Take a drink every time Ray Winstone yells his head
off in Tank Malling and you’ll probably end up as pissed as Don Henderson’s
character. Winstone attacks the role
with all his trademark bluster, verging on self-parody at times, and even the
usually reliable Amanda Donohoe follows his lead, and goes way over the top
here. Helen’s first appearance in the
film is memorably greeted by Malling grabbing her throat and bellowing
“FARKOFFFFFFF”. Watching these two demented
thespians screaming near unspeakable dialogue at each other isn’t without
amusement (“What about Tank Malling? What about his career?? and what about his
fucking balls???”) but even in the shorter version the verbal boxing matches
and sexual tension between the two does drag on a bit. Marsha Hunt (Dracula AD 1972) plays Malling’s
girlfriend, who effectively serves as referee to the pair, reining them in by
slapping Helen around the face and reminding Malling he is a “jerk off”. Hunt and Winstone also contribute what has to
be the least sexy sex scene of 1989.
There’s some choice footage of Soho in the opening scenes, but hardly
enough to warrant the film’s aka titles ‘Beyond Soho’ and ‘Soho Connection’.
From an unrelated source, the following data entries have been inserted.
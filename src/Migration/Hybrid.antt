-- ===== src/Migration/Hybrid.antt =====
-- The resource that `_compatibility_service` of manager/scan_orchestrator.py makes.
use pq_migration_gateway.Prelude.{
  ◌≡◌, refl, subst, String, true, false, some, ◌==◌, eq_iff, eq_refl, arith, Bool-cases,
  Option-cases, inl, inr,
}
use pq_migration_gateway.Result.{ok, ok-injective, >>=-eq-ok}
use pq_migration_gateway.Json.{
  Json, Fields, null, bool, num, real, arr, str, obj, find, get, insert, update, find-insert,
}
use pq_migration_gateway.Migration.Service.{
  set_default, tls_mode, group_list, hybrid_groups, rollout, section_of, as_section, change_section,
  spec_defaults, downstream_defaults, upstream_defaults, check_service, compatibility_service,
}

pub find-insert_self : (k : String) (v : Json) (fs : Fields) → find k (insert k v fs) ≡ some v
find-insert_self k v fs = ground (arith, find-insert k k v fs, eq_refl k)

pub find-insert_other :
    (k j : String) (v w : Json) (fs : Fields)
    → (k == j) ≡ false
    → find j fs ≡ some w
    → find j (insert k v fs) ≡ some w
find-insert_other k j v w fs other e = ground (arith, find-insert k j v fs)

-- What `as_section` takes is a `dict`.
pub as_section-eq : (v : Json) (fs : Fields) → as_section v ≡ ok fs → v ≡ obj fs
as_section-eq (bool _) fs e = cc
as_section-eq null fs e = cc
as_section-eq (num _) fs e = cc
as_section-eq (real _) fs e = cc
as_section-eq (str _) fs e = cc
as_section-eq (arr _) fs e = cc
as_section-eq (obj _) fs e = cc

-- A default does not change what a key has.
find-set_default :
    (k j : String) (v w : Json) (fs : Fields)
    → find j fs ≡ some w
    → find j (set_default k v fs) ≡ some w
unfolding set_default
find-set_default k j v w fs e = elim (Option-cases (find k fs)) [
  | inr (u, there) ↦ rw (there, set_default) e
  | inl away ↦
      rw (away, set_default)
        (elim (Bool-cases (k == j)) [
          | inr other ↦ find-insert_other k j v w fs other e
          | inl same ↦ ground (arith, eq_iff k j)
        ])
]

-- A resource that lets the clients of a service use the hybrid and the classical group; it has the
-- service's own values but for the rollout and the sections that it changes.
pub record IsHybrid (service spec : Fields) : Type 0 where
  pub rolled : find "rollout" spec ≡ some (rollout true)
  pub section : Fields
  pub downstream : find "downstream_tls" spec ≡ some (obj section)
  pub mode : find "mode" section ≡ some (str "compatibility")
  pub groups : find "groups" section ≡ some (group_list hybrid_groups)
  pub kept :
      (k : String) (v : Json)
      → ("downstream_tls" == k) ≡ false
      → ("rollout" == k) ≡ false
      → ("upstream" == k) ≡ false
      → find k service ≡ some v
      → find k spec ≡ some v

spec_defaults-kept :
    (k : String) (v : Json) (fs : Fields)
    → ("rollout" == k) ≡ false
    → find k fs ≡ some v
    → find k (spec_defaults fs) ≡ some v
spec_defaults-kept k v fs other e = find-set_default "protocol_options" k _ v _ (
    find-set_default "audit" k _ v _
      (find-insert_other "rollout" k _ v _ other (find-set_default "timeouts" k _ v fs e)))

spec_defaults-rollout : (fs : Fields) → find "rollout" (spec_defaults fs) ≡ some (rollout true)
spec_defaults-rollout fs =
    find-set_default "protocol_options" "rollout" _ _ _
      (find-set_default "audit" "rollout" _ _ _ (find-insert_self "rollout" _ _))

downstream_defaults-kept :
    (k : String) (v : Json) (section : Fields)
    → find k (update section (tls_mode "compatibility" hybrid_groups)) ≡ some v
    → find k (downstream_defaults section) ≡ some v
downstream_defaults-kept k v section e = find-set_default "client_ca" k _ v _ (
    find-set_default "private_key" k _ v _
      (find-set_default "certificate" k _ v _ (find-set_default "client_auth" k _ v _ e)))

downstream_defaults-mode :
    (section : Fields) → find "mode" (downstream_defaults section) ≡ some (str "compatibility")
unfolding update
downstream_defaults-mode section =
    downstream_defaults-kept "mode" _ section
      (find-insert_other "groups" "mode" _ _ _ refl (find-insert_self "mode" _ section))

downstream_defaults-groups :
    (section : Fields)
    → find "groups" (downstream_defaults section) ≡ some (group_list hybrid_groups)
unfolding update
downstream_defaults-groups section =
    downstream_defaults-kept "groups" _ section
      (find-insert_self "groups" _ (insert "mode" (str "compatibility") section))

made :
    (service section tls : Fields)
    → IsHybrid service (
        insert "upstream"
          (obj tls)
          (spec_defaults (insert "downstream_tls" (obj (downstream_defaults section)) service)))
made service section tls = record {
  rolled = find-insert_other "upstream" "rollout" _ _ _ refl (spec_defaults-rollout _);
  section = downstream_defaults section;
  downstream = find-insert_other "upstream" "downstream_tls" _ _ _ refl (
      spec_defaults-kept "downstream_tls" _ _ refl
        (find-insert_self "downstream_tls" (obj (downstream_defaults section)) service));
  mode = downstream_defaults-mode section;
  groups = downstream_defaults-groups section;
  kept = λ k v not_clients not_rollout not_upstream e.
      find-insert_other "upstream" k _ v _ not_upstream (
        spec_defaults-kept k v _ not_rollout
          (find-insert_other "downstream_tls" k _ v service not_clients e));
}

-- Whatever _compatibility_service returns has the compatibility mode with the hybrid and the classical
-- group, a rollout to all clients with fallback, and every other value of the service that it was
-- given, the upstream and the TLS section of the clients apart.
pub compatibility_service-IsHybrid :
    (python_str : Json → String) (service spec : Fields)
    → compatibility_service python_str service ≡ ok spec
    → IsHybrid service spec
unfolding compatibility_service change_section
compatibility_service-IsHybrid python_str service spec e₀ =
    let (_, _, e₁) = >>=-eq-ok (check_service python_str service) _ e₀ in
    let (d, e_d, e₂) =
      >>=-eq-ok (change_section "downstream_tls" downstream_defaults service) _ e₁ in
    let (up, _, e₃) = >>=-eq-ok (as_section (get "upstream" (spec_defaults d))) _ e₂ in
    let (tls, _, e₄) = >>=-eq-ok (change_section "tls" upstream_defaults up) _ e₃ in
    let (section, _, e₅) =
      >>=-eq-ok (as_section (section_of (find "downstream_tls" service))) _ e_d in
    subst (IsHybrid service) (ok-injective e₄) (
      subst (λ fs. IsHybrid service (insert "upstream" (obj tls) (spec_defaults fs)))
        (ok-injective e₅) (made service section tls))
A secondary plot, in which Glen Murphy and ex-boxer
John Conteh play Dunboyne’s enforcers, has the air of a vanity vehicle. Each of Murphy and Conteh’s scenes seeking to
emphasize what a tough, cool duo they are, but at least the film comes alive
when they are around. Whether it is a
rooftop confrontation with a pimp, ogling a stripper played by Carolyn Cortez
(whose breasts you might remember from ‘Edge of Sanity’), gay bashing Malling’s
old queen publisher or slicing up the breasts of a Soho prostitute while
‘Stranger in Paradise’ plays on the soundtrack.
A scene that was cut by the BBFC for Tank Malling’s appearance on UK
video, but reinstated for the 2010 DVD release.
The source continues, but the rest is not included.